IL 27 GENNAIO 1945 L’ARMATA ROSSA LIBERA IL CAMPO NAZISTA DI AUSCHWITZ. DAL 2005, A LIVELLO MONDIALE, IL 27 GENNAIO SI CELEBRA IL GIORNO DELLA MEMORIA PER NON DIMENTICARE L’OLOCAUSTO E I MILIONI DI VITTIME CHE PRODUSSE

Per tutta la vita la sua opera è testimonianza, e in fondo lo sforzo estremo, disperato, per lei « gonfia di parole » di rendere rielaborabile ciò che non lo sarà mai. Edith Bruck parla con 7 dalla casa di Roma _ Via del Babuino, 72 _, in occasione del Giorno della Memoria, il 27 gennaio, mentre torna in libreria la Lettera alla madre scritta nel 1988 (una nuova edizione da La nave di Teseo, che pubblica anche gli altri titoli citati in questo testo).

desc img

Sua madre morì dopo l’arrivo ad Auschwitz. Vi separarono, e non la vide mai più.

desc img

La copertina di « Lettera alla madre » di Edith Bruck

« Ricordo che, scesa dal treno, ero letteralmente aggrappata alla sua carne. Un soldato mi sussurrò di spostarmi a destra, il che voleva dire una possibilità di sopravvivenza perché la fila di mia madre andava dritta alla camera a gas, ma noi non lo sapevamo. Insisteva, mamma si inginocchiò implorandolo di lasciarle almeno l’ultima dei sei figli. Furono colpi su colpi finché, ferita all’orecchio, mi ritrovai a destra ».
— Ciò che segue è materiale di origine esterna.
-- ===== src/Executor/Keeping.antt =====
-- What the calls that build the executor's actions keep: the attempt events that were sent, and the
-- numbering of the log events.
use robine_ci.Prelude.{
  ℕ, suc, ◌≡◌, refl, ap, ◌∙◌, Option, none, some, List, [], ◌∷◌, ◌++◌, append-nil,
}
use robine_ci.Prelude.Bytes.{Bytes}
use robine_ci.Prelude.Int.{ℤ}
use robine_ci.Offer.{Offer}
use robine_ci.Run.{Run, ◌>>=◌, Preserves, Preserves-bind, Preserves-pure}
use robine_ci.Executor.{
  Env, State, Request, Context, AttemptEvent, log_event, attempt_event, outside, send,
  next_sequence, send_log, StepLog, terminal_delivery_allowed, send_attempt_event, deliver_event,
}

-- The properties of the state that calls of the environment and log events keep.
pub record Admits {env : Env} (P : State env → Type 0) : Type 1 where
  pub calls :
      {A : Type 0} (call : env.World → A × env.World) → Preserves P (outside {env = env} call)
  pub logs :
      (ctx : Context) (step : StepLog) (status stream : Bytes) (exit : Option ℤ) (duration : ℕ)
      (content : Bytes)
      → Preserves P (send_log {env = env} ctx step status stream exit duration content)

pub Preserves-option :
    {S A B : Type 0} {P : S → Type 0} (o : Option A) (m : A → Run S B) (n : Run S B)
    → ((a : A) → Preserves P (m a))
    → Preserves P n
    → Preserves P (elim o [ some a ↦ m a | none ↦ n ])
Preserves-option (some a) m n km kn = km a
Preserves-option none m n km kn = kn

pub terminal_delivery_allowed-Preserves :
    {env : Env} {P : State env → Type 0}
    → Admits P
    → Preserves P (terminal_delivery_allowed {env = env})
unfolding terminal_delivery_allowed
terminal_delivery_allowed-Preserves {env} admits =
    Preserves-bind _ _ (admits.calls env.context_cause) (λ cause. Preserves-pure _)

-- An attempt event keeps what requests keep.
pub send_attempt_event-Preserves :
    {env : Env} {P : State env → Type 0}
    → Admits P
    → ((ctx : Context) (r : Request) → Preserves P (send {env = env} ctx r))
    → (ctx : Context) (offer : Offer) (n : ℕ) (status reason : Bytes)
    → Preserves P (send_attempt_event {env = env} ctx offer n status reason)
unfolding send_attempt_event deliver_event
send_attempt_event-Preserves {env} {P} admits requests ctx offer n status reason =
    Preserves-bind _ _ (admits.calls env.message_id) (λ id.
      elim id as (λ i. Preserves P (deliver_event {env = env} ctx offer n status reason i)) [
        | none ↦ Preserves-pure _
        | some i ↦ requests ctx _
      ])

-- The attempt events among the requests, and the sequence numbers of the log events.
abbrev pub attempt_events : List Request → List AttemptEvent
attempt_events [] = []
attempt_events (log_event e ∷ rs) = attempt_events rs
attempt_events (attempt_event e ∷ rs) = e ∷ attempt_events rs

abbrev pub log_numbers : List Request → List ℕ
log_numbers [] = []
log_numbers (log_event e ∷ rs) = e.sequence ∷ log_numbers rs
log_numbers (attempt_event e ∷ rs) = log_numbers rs

pub attempt_events-append :
    (rs qs : List Request) → attempt_events (rs ++ qs) ≡ attempt_events rs ++ attempt_events qs
attempt_events-append [] qs = refl
attempt_events-append (log_event e ∷ rs) qs = attempt_events-append rs qs
attempt_events-append (attempt_event e ∷ rs) qs = ap (◌∷◌ e) (attempt_events-append rs qs)

pub log_numbers-append :
    (rs qs : List Request) → log_numbers (rs ++ qs) ≡ log_numbers rs ++ log_numbers qs
log_numbers-append [] qs = refl
log_numbers-append (log_event e ∷ rs) qs = ap (◌∷◌ e.sequence) (log_numbers-append rs qs)
log_numbers-append (attempt_event e ∷ rs) qs = log_numbers-append rs qs

-- 1, 2, …, n
unfoldable pub up_to : ℕ → List ℕ
up_to ℕ.zero = []
up_to (suc n) = up_to n ++ suc n ∷ []

module _ {env : Env} where
  -- The attempt events sent so far are `es`.
  pub record Reported (es : List AttemptEvent) (s : State env) : Type 0 where
    pub are : attempt_events s.sent ≡ es

  -- The log events sent so far are numbered 1, 2, …, without a gap, in the order of sending.
  pub record Numbered (s : State env) : Type 0 where
    pub are : log_numbers s.sent ≡ up_to s.log_sequence

  module _ {es : List AttemptEvent} where
    pub outside-Reported :
        {A : Type 0} (call : env.World → A × env.World)
        → Preserves (Reported es) (outside {env = env} call)
    unfolding outside
    outside-Reported call = record { at = λ s h. record { are = h.are } }

    pub send_log-Reported :
        (ctx : Context) (step : StepLog) (status stream : Bytes) (exit_code : Option ℤ)
        (duration : ℕ) (content : Bytes)
        → Preserves
            (Reported es)
            (send_log {env = env} ctx step status stream exit_code duration content)
    unfolding send_log send next_sequence ◌>>=◌
    send_log-Reported ctx step status stream exit_code duration content = record {
      at = λ s h. record { are = attempt_events-append s.sent _ ∙ append-nil _ ∙ h.are };
    }

  pub outside-Numbered :
      {A : Type 0} (call : env.World → A × env.World)
      → Preserves Numbered (outside {env = env} call)
  unfolding outside
  outside-Numbered call = record { at = λ s h. record { are = h.are } }

  pub send_log-Numbered :
      (ctx : Context) (step : StepLog) (status stream : Bytes) (exit_code : Option ℤ) (duration : ℕ)
      (content : Bytes)
      → Preserves Numbered (send_log {env = env} ctx step status stream exit_code duration content)
  unfolding send_log send next_sequence up_to ◌>>=◌
  send_log-Numbered ctx step status stream exit_code duration content = record {
    at = λ s h. record {
      are = log_numbers-append s.sent _ ∙ ap (λ l. l ++ suc s.log_sequence ∷ []) h.are;
    };
  }

  pub Reported-Admits : (es : List AttemptEvent) → Admits {env = env} (Reported es)
  Reported-Admits es = record { calls = outside-Reported; logs = send_log-Reported }

  pub Numbered-Admits : Admits {env = env} Numbered
  Numbered-Admits = record { calls = outside-Numbered; logs = send_log-Numbered }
Visceralmente unite, ma diverse. Sua madre era molto religiosa, severa, lei era « la figlia più piccola che osava pensare, dubitare ». Nella nuova introduzione al libro, scrive: « Adesso sei tu che potresti essere mia figlia e potrei sgridarti io ». È stato possibile ricomporre nel tempo, dentro di sé, il rapporto con una madre persa ad Auschwitz ?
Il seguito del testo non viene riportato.